* What the exercise asks *
Please report how many lines of the data include the word "fields", with the number as the entire reply.

* Recorded data *
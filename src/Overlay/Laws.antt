-- ===== src/Overlay/Laws.antt =====
-- Which value each knob of the engine gets: the environment's, else the file's, else the default.
use goxo.Base.{
  ◌≡◌, ◌≢◌, refl, ap, subst, ◌∙◌, ◌⊎◌, inl, inr, arith, none, some, List, [], Result, ok, err,
  map_err, Result-cases, if◌then◌else◌, ◌==◌, ==_iff, Bool-cases, >>=-eq-ok, map_err-eq-ok,
}
use goxo.Base.Int.{ℤ, pos}
use goxo.Base.Text.{Str, str_Eq, bytes}
use goxo.Go.Fields.{fields}
use goxo.Go.Decimal.{atoi}
use goxo.Config.{Config, Wire, Yaml, LoadError, read, parse, default, no_wire, load, parse_file}
use goxo.Go.Files.{FileError, not_exist, unreadable}
use goxo.Config.Laws.{Settles, Counts, FromWire, Reads, parse_file_iff}
use goxo.Engine.Assembly.{Params}
use goxo.Overlay.{
  Env, default_path, handler_or, env_or, duration_or, int_or, or_default, load_config, params,
}

-- A text of the environment, or what stands in the file.
abbrev pub TextOr {ℓ} : {A : Type ℓ} → Str → (Str → A) → A → A → Type ℓ
TextOr v read_text other a = ((v ≡ []) × (a ≡ other)) ⊎ ((v ≢ []) × (a ≡ read_text v))

-- A number of the environment, if it is one, or the file's.
abbrev pub NumberOr : Str → ℤ → ℤ → Type 0
NumberOr v n m = (atoi v ≡ some m) ⊎ ((atoi v ≡ none) × Counts n (pos 1) m)

-- A duration of the environment, if it is one, or the file's.
abbrev pub DurationOr : (Str → Result Str ℤ) → Str → Str → ℤ → ℤ → Type 0
DurationOr pd v raw fallback d =
    ((v ≢ []) × (pd v ≡ ok d))
    ⊎ (((v ≡ []) ⊎ ((e : Str) × (pd v ≡ err e))) × Settles pd raw fallback d)

pub record Chosen (pd : Str → Result Str ℤ) (env : Env) (w : Wire) (p : Params) : Type 0 where
  pub handler : TextOr (env (bytes "GOXO_HANDLER")) fields w.handler p.handler
  pub fdset : TextOr (env (bytes "GOXO_FDSET")) (λ s. s) w.fdset p.fdset_path
  pub universe : p.universe ≡ env (bytes "UNIVERSE")
  pub timeout : DurationOr pd (env (bytes "GOXO_HANDLER_TIMEOUT")) w.timeout (pos 0) p.timeout
  pub pool : NumberOr (env (bytes "GOXO_POOL_SIZE")) w.pool p.pool_size
  pub cap : NumberOr (env (bytes "GOXO_WORKER_CAP")) w.cap p.worker_cap
  pub grace :
      DurationOr pd
        (env (bytes "GOXO_SHUTDOWN_GRACE"))
        w.shutdown_grace
        (pos 10000000000)
        p.shutdown_grace

-- The document that applies: that of the file that GOXO_CONFIG names, or else of the default file,
-- which need not be there.
abbrev pub Source : Yaml → Env → (Str → Result FileError Str) → Wire → Type 0
Source y env read_file w =
    ((env (bytes "GOXO_CONFIG") ≡ []) × (read_file default_path ≡ err not_exist) × (w ≡ no_wire))
    ⊎ ((text : Str) × (read_file
            (if env (bytes "GOXO_CONFIG") == [] then default_path else env (bytes "GOXO_CONFIG"))
          ≡ ok text)
        × Reads y text w)

handler_or-TextOr :
    (env : Env) (k : Str) (xs : List Str) → TextOr (env k) fields xs (handler_or env k xs)
unfolding handler_or
handler_or-TextOr env k xs = ground (arith, ==_iff (env k) [])

env_or-TextOr : (env : Env) (k s : Str) → TextOr (env k) (λ v. v) s (env_or env k s)
unfolding env_or
env_or-TextOr env k s = ground (arith, ==_iff (env k) [])

int_or-NumberOr :
    (env : Env) (k : Str) (n m : ℤ) → Counts n (pos 1) m → NumberOr (env k) n (int_or env k m)
unfolding int_or
int_or-NumberOr env k n m h = elim (Bool-cases (env k == [])) [
  | inl e ↦
      let unset : env k ≡ [] = (==_iff (env k) []).0 e in
      inr (ap atoi unset ∙ atoi-nil, rw (e, int_or) h)
  | inr e ↦ rw (e, int_or) (ground arith)
]
  where
    atoi-nil : atoi [] ≡ none
    atoi-nil = unfold atoi in refl

duration_or-DurationOr :
    (pd : Str → Result Str ℤ) (env : Env) (k raw : Str) (fallback d : ℤ)
    → Settles pd raw fallback d
    → DurationOr pd (env k) raw fallback (duration_or pd env k d)
unfolding duration_or
duration_or-DurationOr pd env k raw fallback d h = elim (Bool-cases (env k == [])) [
  | inl e ↦ inr (inl ((==_iff (env k) []).0 e), rw (e, duration_or) h)
  | inr e ↦
      let set : env k ≢ [] = λ q. cc (e, (==_iff (env k) []).1 q) in
      elim (Result-cases (pd (env k))) [
        | inl (x, q) ↦ inl (set, rw (e, duration_or) (rw (q, duration_or) refl))
        | inr (x, q) ↦ inr (inr (x, q), rw (e, duration_or) (rw (q, duration_or) h))
      ]
]

params-Chosen :
    (pd : Str → Result Str ℤ) (env : Env) (w : Wire) (c : Config)
    → FromWire pd w c
    → Chosen pd env w (params pd env c)
unfolding params
params-Chosen pd env w c f = record {
  handler = rw (← f.handler) (handler_or-TextOr env (bytes "GOXO_HANDLER") c.handler);
  fdset = rw (← f.fdset) (env_or-TextOr env (bytes "GOXO_FDSET") c.fdset);
  universe = refl;
  timeout = duration_or-DurationOr pd env _ w.timeout (pos 0) c.handler_timeout f.timeout;
  pool = int_or-NumberOr env _ w.pool c.worker_pool_size f.pool;
  cap = int_or-NumberOr env _ w.cap c.worker_queue_size f.cap;
  grace =
      duration_or-DurationOr pd env _ w.shutdown_grace (pos 10000000000) c.worker_shutdown_grace
        f.grace;
}

default-FromWire : (pd : Str → Result Str ℤ) → FromWire pd no_wire default
default-FromWire pd = record {
  handler = refl;
  fdset = refl;
  timeout = inl (refl, refl);
  pool = inl (refl, refl);
  cap = inl (refl, refl);
  grace = inl (refl, refl);
}

or_default_inv :
    (r : Result LoadError Config) (c : Config)
    → or_default r ≡ ok c
    → (r ≡ ok c) ⊎ ((path : Str) × (r ≡ err (read path not_exist)) × (default ≡ c))
unfolding or_default
or_default_inv (ok c') c h = inl h
or_default_inv (err (read path not_exist)) c h = inr (path, refl, cc h)
or_default_inv (err (read path (unreadable e))) c h = cc
or_default_inv (err (parse path e)) c h = cc

module _ (y : Yaml) (pd : Str → Result Str ℤ) (read_file : Str → Result FileError Str) where
  load_inv :
      (path : Str) (c : Config)
      → load y pd read_file path ≡ ok c
      → (text : Str) × (read_file path ≡ ok text) × (parse_file y pd text ≡ ok c)
  unfolding load
  load_inv path c h =
      let (text, e1, h1) = >>=-eq-ok (map_err (read path) (read_file path)) _ h in
      (text, map_err-eq-ok (read path) _ e1, map_err-eq-ok (parse path) _ h1)

  load_missing :
      (path asked : Str)
      → load y pd read_file path ≡ err (read asked not_exist)
      → read_file path ≡ err not_exist
  unfolding load
  load_missing path asked h = elim (Result-cases (read_file path)) [
    | inr (e, q) ↦ ground (arith, q)
    | inl (text, q) ↦ elim (Result-cases (parse_file y pd text)) [
      | inr (e, q') ↦ ground (arith, q, q')
      | inl (c, q') ↦ ground (arith, q, q')
    ]
  ]

  from_text :
      (env : Env) (path : Str) (c : Config)
      → (if env (bytes "GOXO_CONFIG") == [] then default_path else env (bytes "GOXO_CONFIG")) ≡ path
      → load y pd read_file path ≡ ok c
      → (w : Wire) × Source y env read_file w × FromWire pd w c
  from_text env path c same h =
      let (text, found, parsed) = load_inv path c h in
      let (w, doc, f) = (parse_file_iff y pd text c).0 parsed in
      (w, inr (text, ap read_file same ∙ found, doc), f)

  load_config-Source :
      (env : Env) (c : Config)
      → load_config y pd env read_file ≡ ok c
      → (w : Wire) × Source y env read_file w × FromWire pd w c
  unfolding load_config
  load_config-Source env c h = elim (Bool-cases (env (bytes "GOXO_CONFIG") == [])) [
    | inr e ↦ from_text env (env (bytes "GOXO_CONFIG")) c (rw e) (ground (arith, e, h))
    | inl e ↦ elim (or_default_inv (load y pd read_file default_path) c (ground (arith, e, h))) [
      | inl q ↦ from_text env default_path c (rw e) q
      | inr (path, q, same) ↦ (
        no_wire,
        inl ((==_iff _ []).0 e, load_missing default_path path q, refl),
        subst (FromWire pd no_wire) same (default-FromWire pd),
      )
    ]
  ]

  -- Where the configuration loads, every knob that the engine gets comes from the environment, if the
  -- variable is set and, for a number or a duration, readable; else from the configuration file, if
  -- it has the key; else it is the default: one process, one message, no timeout, 10 seconds of
  -- grace, no handler, no descriptor set. The file is the one that GOXO_CONFIG names, which must be
  -- there, or /goxo.yaml, which need not.
  pub params-load_config :
      (env : Env) (c : Config)
      → load_config y pd env read_file ≡ ok c
      → (w : Wire) × Source y env read_file w × Chosen pd env w (params pd env c)
  params-load_config env c h =
      let (w, source, f) = load_config-Source env c h in (w, source, params-Chosen pd env w c f)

* Solution for this task *
3